The car networking system utilizes advanced sensing technology, network technology, computing technology, control technology and intelligent technology to comprehensively sense roads and traffic, realizes interaction of large-range and large-capacity data among a plurality of systems, controls all traffic of each car, controls all traffic of each road in a time-space mode, and provides networks and applications mainly for traffic efficiency and traffic safety.
The collection and processing of driving behavior data in the internet of vehicles system are important for the accuracy of the system, a risk judgment technology for establishing a driving behavior scoring model by collecting and cleaning data is provided at present, the risk of a driver is evaluated by scoring, the higher the score is, the better the driving behavior is, and otherwise, the worse the driving behavior is. The dimensions generally participating in evaluation mainly include driving mileage, driving duration, average speed, maximum speed, rapid acceleration times, rapid deceleration times, rapid turning times, night driving times, fatigue driving times and the like, and the data dimensions are used for scoring through respective driving behavior models.

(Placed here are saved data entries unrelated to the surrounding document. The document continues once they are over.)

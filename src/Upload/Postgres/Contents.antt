-- ===== src/Upload/Postgres/Contents.antt =====
-- What is in the table, and what the service lists of it.
use progetto_sdcc.Prelude.{
  ℕ, ◌+◌, ◌≡◌, refl, ap, ◌∙◌, String, true, false, Option, none, some, List, map, Error, ok, err,
  is_ok, ltb, ◌==◌, arith, is_empty, if◌then◌else◌, take, drop, length, inl, inr, Bool-cases, ◌&&◌,
  Option-cases, zero, suc, sym,
}
use progetto_sdcc.Prelude.Int.{ℤ}
use progetto_sdcc.Upload.Record.{Record}
use progetto_sdcc.Upload.Listing.{Texts, summary}
use progetto_sdcc.Upload.Listing.Paging.{WritesNumbers, Lists, follow_pages, follow_pages-all}
use progetto_sdcc.Upload.Postgres.Order.{Descending, Falling, Reordered, Reordered-Falling}
use progetto_sdcc.Upload.Postgres.{Db, save, get, list_by_gallery}

abbrev pub offset_rows : Option ℕ → List Record → List Record
offset_rows none rs = rs
offset_rows (some n) rs = drop n rs

abbrev pub limit_rows : Option ℕ → List Record → List Record
limit_rows none rs = rs
limit_rows (some n) rs = take n rs

-- What the database promises while it serves: `rows` is a gallery's part of the table, the newest
-- first, `stored` the row of a photo. Each query for a page orders the rows for itself, and two
-- queries may order rows of the same time differently.
pub record Laws (db : Db) : Type 0 where
  pub stored : db.World → ℕ → Option Record
  pub rows : db.World → ℕ → List Record
  pub created :
      (rec : Record) (w : db.World) (photo : ℕ)
      → stored (db.create rec w).1 photo ≡ (
          if is_ok (db.create rec w).0 && (photo == rec.photo_id) then some rec else stored w photo)
  pub first_some :
      (photo : ℕ) (rec : Record) (w : db.World)
      → stored w photo ≡ some rec
      → db.first photo w ≡ ok rec
  pub first_none :
      (photo : ℕ) (w : db.World)
      → stored w photo ≡ none
      → (e : Error) × (db.first photo w ≡ err e) × (db.is_not_found e ≡ true)
  pub counted : (gallery : ℕ) (w : db.World) → db.count gallery w ≡ ok (length (rows w gallery))
  pub listed :
      (gallery : ℕ) (offset limit : Option ℕ) (w : db.World)
      → (rs : List Record) × (db.find gallery offset limit w
          ≡ ok (limit_rows limit (offset_rows offset rs)))
        × Descending rs
        × Reordered rs (rows w gallery)

module _ (db : Db) (laws : Laws db) where
  get-stored : (photo : ℕ) (w : db.World) → get db photo w ≡ ok (laws.stored w photo)
  unfolding get
  get-stored photo w = elim (Option-cases (laws.stored w photo)) [
    | inl h ↦ let (e, q, missing) = laws.first_none photo w h in rw (h, q, missing) refl
    | inr (rec, h) ↦ rw (h, laws.first_some photo rec w h) refl
  ]

  -- After saving a record, whether that succeeded or not, getting a photo finds what was saved last
  -- for it: the record, if it is the one just saved, and else what was found before.
  pub get-save :
      (rec : Record) (w : db.World) (photo : ℕ)
      → get db photo (save db rec w).1 ≡ (
          if is_ok (save db rec w).0 && (photo == rec.photo_id)
          then ok (some rec)
          else get db photo w)
  unfolding save
  get-save rec w photo =
      let here = is_ok (db.create rec w).0 && (photo == rec.photo_id) in
      get-stored photo (db.create rec w).1
      ∙ ap (λ (r : Option Record). ok r) (laws.created rec w photo)
      ∙ elim (Bool-cases here) [ inl h ↦ rw h refl | inr h ↦ rw h (sym (get-stored photo w)) ]

  positive : (n : ℕ) → ltb 0 (suc n) ≡ true
  positive n = ground arith

  not_zero : (n : ℕ) → (suc n == 0) ≡ false
  not_zero n = ground arith

  find-rows :
      (gallery : ℕ) (offset limit : Option ℕ) (w : db.World)
      → Falling (laws.rows w gallery)
      → db.find gallery offset limit w
        ≡ ok (limit_rows limit (offset_rows offset (laws.rows w gallery)))
  find-rows gallery offset limit w f =
      let (rs, q, d, o) = laws.listed gallery offset limit w in
      rw (← Reordered-Falling rs (laws.rows w gallery) o d f) q

  list_by_gallery-Lists :
      (w : db.World)
      → ((g : ℕ) → Falling (laws.rows w g))
      → Lists (list_by_gallery db w) (laws.rows w)
  unfolding list_by_gallery
  list_by_gallery-Lists w apart gallery zero zero =
      rw (laws.counted gallery w, find-rows gallery none none w (apart gallery)) refl
  list_by_gallery-Lists w apart gallery (suc n) zero =
      rw
        (
          laws.counted gallery w,
          positive n,
          find-rows gallery (some (suc n)) none w (apart gallery),
        )
        refl
  list_by_gallery-Lists w apart gallery zero (suc m) =
      rw
        (
          laws.counted gallery w,
          positive m,
          not_zero m,
          find-rows gallery none (some (suc m)) w (apart gallery),
        )
        refl
  list_by_gallery-Lists w apart gallery (suc n) (suc m) =
      rw
        (
          laws.counted gallery w,
          positive n,
          positive m,
          not_zero m,
          find-rows gallery (some (suc n)) (some (suc m)) w (apart gallery),
        )
        refl

  -- While the database serves, and if no two photos of a gallery were uploaded at the same time, the
  -- service with the repository in Postgres, asked page by page with the tokens that it hands out and
  -- any page size, lists the rows of the gallery, the newest first and each once, within one call
  -- more than there are rows.
  pub follow_pages-rows :
      (texts : Texts) (w : db.World) (gallery : String) (size : ℤ)
      → WritesNumbers texts
      → ((g : ℕ) → Falling (laws.rows w g))
      → is_empty gallery ≡ false
      → follow_pages texts
          (list_by_gallery db w)
          gallery
          size
          (length (laws.rows w (texts.parse_uuid gallery)) + 1)
          ""
        ≡ ok (map (summary texts) (laws.rows w (texts.parse_uuid gallery)))
  follow_pages-rows texts w gallery size writes apart named =
      follow_pages-all texts (list_by_gallery db w) (laws.rows w) gallery size writes
        (list_by_gallery-Lists w apart) named
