-- ===== src/Upload/Postgres/Tests.antt =====
-- A database in which each gallery has the same two photos, the newest first.
use progetto_sdcc.Prelude.{
  ℕ, zero, suc, ◌+◌, arith, ◌≡◌, refl, ap, String, true, Option, none, some, List, [], ◌∷◌, map,
  plain, Result, ok, err, ◌==◌, if◌then◌else◌, length,
}
use progetto_sdcc.Prelude.Int.{ℤ, pos}
use progetto_sdcc.Upload.Record.{Record}
use progetto_sdcc.Upload.Listing.{Texts, summary}
use progetto_sdcc.Upload.Listing.Paging.{WritesNumbers, follow_pages}
use progetto_sdcc.Upload.Postgres.Order.{Reordered-same}
use progetto_sdcc.Upload.Postgres.{Db, list_by_gallery}
use progetto_sdcc.Upload.Postgres.Contents.{Laws, follow_pages-rows, limit_rows, offset_rows}

abbrev photo_of : ℕ → ℕ → Record
photo_of n gallery = record {
  photo_id = n;
  gallery_id = gallery;
  uploader_id = 5;
  filename = "sea.jpg";
  content_type = "image/jpeg";
  storage_key = "7/sea.jpg";
  size_bytes = 3;
  error_message = "";
  uploaded_at = 1000 + n;
  updated_at = 1000;
}

abbrev Table : Type 0
Table = ℕ → Option Record

abbrev two_rows : ℕ → List Record
two_rows g = photo_of 3 g ∷ photo_of 1 g ∷ []

abbrev row : Option Record → Result Record
row none = err (plain "record not found")
row (some rec) = ok rec

-- A database whose listing is fixed.
abbrev db : Db
db = record {
  World = Table;
  create = λ rec t. (ok tt, λ n. if n == rec.photo_id then some rec else t n);
  first = λ n t. row (t n);
  count = λ g t. ok (length (two_rows g));
  find = λ g offset limit t. ok (limit_rows limit (offset_rows offset (two_rows g)));
  is_not_found = λ e. true;
}

db-Laws : Laws db
db-Laws = record {
  stored = λ t. t;
  rows = λ t. two_rows;
  created = λ rec t n. refl;
  first_some = λ n rec t h. ap row h;
  first_none = λ n t h. (plain "record not found", ap row h, refl);
  counted = λ g t. refl;
  listed = λ g offset limit t.
      (two_rows g, refl, ((omega arith, tt), (tt, tt)), Reordered-same (two_rows g));
}

abbrev table : Table
table = λ n. none

abbrev strokes : String → ℕ
strokes String.[] = 0
strokes (String.◌∷◌ c s) = suc (strokes s)

abbrev tally : ℕ → String
tally zero = ""
tally (suc n) = String.◌∷◌ "I" (tally n)

strokes-tally : (n : ℕ) → strokes (tally n) ≡ n
strokes-tally zero = refl
strokes-tally (suc n) = ap suc (strokes-tally n)

abbrev number : String → Option ℤ
number String.[] = none
number (String.◌∷◌ c s) = some (pos (strokes s))

abbrev texts : Texts
texts = record {
  atoi = number;
  itoa = λ n. tally (suc n);
  parse_uuid = strokes;
  uuid_string = tally;
}

texts-WritesNumbers : WritesNumbers texts
texts-WritesNumbers = record {
  atoi-itoa = λ n. ap (λ (k : ℕ). some (pos k)) (strokes-tally n);
  not_empty = λ n. refl;
}

follow_pages-rows_example :
    follow_pages texts (list_by_gallery db table) "IIIIIII" (pos 1) 3 ""
    ≡ ok (map (summary texts) (photo_of 3 7 ∷ photo_of 1 7 ∷ []))
unfolding db-Laws
follow_pages-rows_example =
    follow_pages-rows db db-Laws texts table "IIIIIII" (pos 1) texts-WritesNumbers
      (λ g. ((omega arith, tt), (tt, tt))) refl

The existing scoring method and the existing scoring technology can only score and judge the risk of the driving behavior after a single trip is finished, cannot dynamically score, cannot timely carry out risk early warning on accidents possibly occurring in the current trip, and have hysteresis for judging the accident risk.
Disclosure of Invention
The invention aims to provide a driving behavior risk prediction method and a driving behavior risk prediction system, which can dynamically and timely judge risks and ensure the real-time performance of risk evaluation and early warning.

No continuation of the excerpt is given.